Top of Material for the task

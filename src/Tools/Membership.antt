-- ===== src/Tools/Membership.antt =====
-- providers/comms.py: accept, decline_invite, invite, leave.
use rh_reclaw.Common.{ℕ, String, Option, [], ◌∷◌}
use rh_reclaw.Common.Json.{text, Dict}
use rh_reclaw.Common.Stdlib.{Stdlib}
use rh_reclaw.Models.{Participant, status_text, role_text}
use rh_reclaw.Service.Ownership.{agent_table_client}
use rh_reclaw.Service.Membership.{accept_invite, decline_invite, invite, leave}
use rh_reclaw.Service.Serialization.{id_text, optional_id, iso}
use rh_reclaw.Identity.{AccessToken}
use rh_reclaw.Call.{Call, done, ◌>>=◌, ◌>>◌, checked, open_session, in_session}
use rh_reclaw.Tools.Caller.{caller_sub, resolve_caller_agent}
use rh_reclaw.Tools.Errors.{map_service_errors}
use rh_reclaw.Tools.Parsing.{parse_uuid}

module _ (py : Stdlib) (found : Option AccessToken) where
  abbrev accepted_dict : String → Participant → Dict
  accepted_dict conversation_id p =
      ("conversation_id", text conversation_id)
      ∷ ("agent_id", id_text py p.agent_id)
      ∷ ("status", text (status_text p.status))
      ∷ ("role", text (role_text p.role))
      ∷ ("joined_at", iso py p.joined_at)
      ∷ []

  unfoldable pub accept_tool : String → Option String → Call Dict
  accept_tool conversation_id agent_key = do
    sub ← checked (caller_sub py found agent_key)
    conv_id ← checked (parse_uuid py "conversation_id" conversation_id)
    open_session
    caller ← resolve_caller_agent sub
    participant ← in_session (map_service_errors py) (accept_invite sub caller.id conv_id)
    done (accepted_dict conversation_id participant)

  abbrev exit_dict : String → ℕ → String → Dict
  exit_dict conversation_id agent_id status =
      ("conversation_id", text conversation_id)
      ∷ ("agent_id", id_text py agent_id)
      ∷ ("status", text status)
      ∷ []

  unfoldable pub decline_invite_tool : String → Option String → Call Dict
  decline_invite_tool conversation_id agent_key = do
    sub ← checked (caller_sub py found agent_key)
    conv_id ← checked (parse_uuid py "conversation_id" conversation_id)
    open_session
    caller ← resolve_caller_agent sub
    participant ← in_session (map_service_errors py) (decline_invite sub caller.id conv_id)
    done (exit_dict conversation_id caller.id "declined")

  abbrev invited_dict : String → Participant → Dict
  invited_dict conversation_id p =
      ("conversation_id", text conversation_id)
      ∷ ("target_agent_id", id_text py p.agent_id)
      ∷ ("status", text (status_text p.status))
      ∷ ("invited_by", optional_id py p.invited_by)
      ∷ []

  unfoldable pub invite_tool : String → String → Option String → Call Dict
  invite_tool conversation_id target_agent_id agent_key = do
    sub ← checked (caller_sub py found agent_key)
    conv_id ← checked (parse_uuid py "conversation_id" conversation_id)
    target_id ← checked (parse_uuid py "target_agent_id" target_agent_id)
    open_session
    caller ← resolve_caller_agent sub
    participant ←
        in_session (map_service_errors py)
          (invite agent_table_client sub caller.id conv_id target_id)
    done (invited_dict conversation_id participant)

  unfoldable pub leave_tool : String → Option String → Call Dict
  leave_tool conversation_id agent_key = do
    sub ← checked (caller_sub py found agent_key)
    conv_id ← checked (parse_uuid py "conversation_id" conversation_id)
    open_session
    caller ← resolve_caller_agent sub
    participant ← in_session (map_service_errors py) (leave sub caller.id conv_id)
    done (exit_dict conversation_id caller.id "left")
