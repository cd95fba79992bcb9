-- ===== src/Server/Dispatch.antt =====
-- main.py: the server as it is put together. A tool call of a verified token, or of none, runs in
-- the observability middleware, within it in the scope enforcement, and there in the tool that is
-- mounted under the namespace `comms`.
use rh_reclaw.Common.{ℕ, String, Option, List, [], ◌∷◌, Bool}
use rh_reclaw.Common.Json.{Dict}
use rh_reclaw.Common.Stdlib.{Stdlib, ℤ}
use rh_reclaw.Schemas.{Pydantic}
use rh_reclaw.Identity.{AccessToken}
use rh_reclaw.Call.{World, Call}
use rh_reclaw.Server.{enforce_call_tool, observe_call_tool}
use rh_reclaw.Tools.Board.{whoami, register, list_agents_tool}
use rh_reclaw.Tools.Conversations.{
  start_conversation_tool, post_message_tool, get_conversation_tool, inbox_tool,
  list_conversations_tool,
}
use rh_reclaw.Tools.Membership.{accept_tool, decline_invite_tool, invite_tool, leave_tool}

-- The tools with their arguments, in the order of their signatures.
pub data ToolCall : Type 0 where
  whoami_call : Option String → ToolCall
  register_call : String → List String → Option String → ToolCall
  list_agents_call : ℤ → Option String → ToolCall
  start_conversation_call :
      String → List String → Dict → String → Option String → ℕ → Option String → ToolCall
  post_message_call : String → String → Dict → ℕ → Option String → ToolCall
  get_conversation_call : String → ℤ → Option String → ToolCall
  inbox_call : Option String → ToolCall
  list_conversations_call :
      Option String → Option String → Option String → ℤ → Option String → Option String → ToolCall
  accept_call : String → Option String → ToolCall
  decline_invite_call : String → Option String → ToolCall
  invite_call : String → String → Option String → ToolCall
  leave_call : String → Option String → ToolCall

unfoldable pub tool_name : ToolCall → String
tool_name (whoami_call _) = "comms_whoami"
tool_name (register_call _ _ _) = "comms_register"
tool_name (list_agents_call _ _) = "comms_list_agents"
tool_name (start_conversation_call _ _ _ _ _ _ _) = "comms_start_conversation"
tool_name (post_message_call _ _ _ _ _) = "comms_post_message"
tool_name (get_conversation_call _ _ _) = "comms_get_conversation"
tool_name (inbox_call _) = "comms_inbox"
tool_name (list_conversations_call _ _ _ _ _ _) = "comms_list_conversations"
tool_name (accept_call _ _) = "comms_accept"
tool_name (decline_invite_call _ _) = "comms_decline_invite"
tool_name (invite_call _ _ _) = "comms_invite"
tool_name (leave_call _ _) = "comms_leave"

-- A call that arrives at the time `t`.
abbrev pub arrive : ℕ → World → World
arrive t w = record w { session = record w.session { txn_now = t } }

module _ (py : Stdlib) (px : Pydantic) (collation : String → String → Bool) where
  unfoldable pub call_tool : Option AccessToken → ToolCall → Call Dict
  call_tool token (whoami_call agent_key) = whoami py token agent_key
  call_tool token (register_call display_name accepted_types agent_key) =
      register py token display_name accepted_types agent_key
  call_tool token (list_agents_call limit cursor) = list_agents_tool py token collation limit cursor
  call_tool token
        (start_conversation_call conversation_type target_agent_ids initial_message message_type
          expires_at schema_version agent_key) =
      start_conversation_tool py px token conversation_type target_agent_ids initial_message
        message_type expires_at schema_version agent_key
  call_tool token
        (post_message_call conversation_id message_type payload schema_version agent_key) =
      post_message_tool py px token conversation_id message_type payload schema_version agent_key
  call_tool token (get_conversation_call conversation_id since_seq agent_key) =
      get_conversation_tool py px token collation conversation_id since_seq agent_key
  call_tool token (inbox_call agent_key) = inbox_tool py px token agent_key
  call_tool token (list_conversations_call role type state limit cursor agent_key) =
      list_conversations_tool py px token role type state limit cursor agent_key
  call_tool token (accept_call conversation_id agent_key) =
      accept_tool py token conversation_id agent_key
  call_tool token (decline_invite_call conversation_id agent_key) =
      decline_invite_tool py token conversation_id agent_key
  call_tool token (invite_call conversation_id target_agent_id agent_key) =
      invite_tool py token conversation_id target_agent_id agent_key
  call_tool token (leave_call conversation_id agent_key) =
      leave_tool py token conversation_id agent_key

  -- `mcp.add_middleware(ObservabilityMiddleware())`, then `ScopeEnforcementMiddleware()`
  unfoldable pub handle : Option AccessToken → ToolCall → Call Dict
  handle token call =
      observe_call_tool py.repr py.round
        (enforce_call_tool py.repr (λ name. call_tool token call) token) token (tool_name call)

  -- The calls one after another, each with the time at which its transaction begins.
  unfoldable pub handle_all : List (ℕ × Option AccessToken × ToolCall) → World → World
  handle_all [] w = w
  handle_all ((t, token, call) ∷ calls) w = handle_all calls (handle token call (arrive t w)).1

Bottom of Material for the task

Among the lines of the data above, find those with the word "payload" and show them.

        (post_message_call conversation_id message_type payload schema_version agent_key) =
      post_message_tool py px token conversation_id message_type payload schema_version agent_key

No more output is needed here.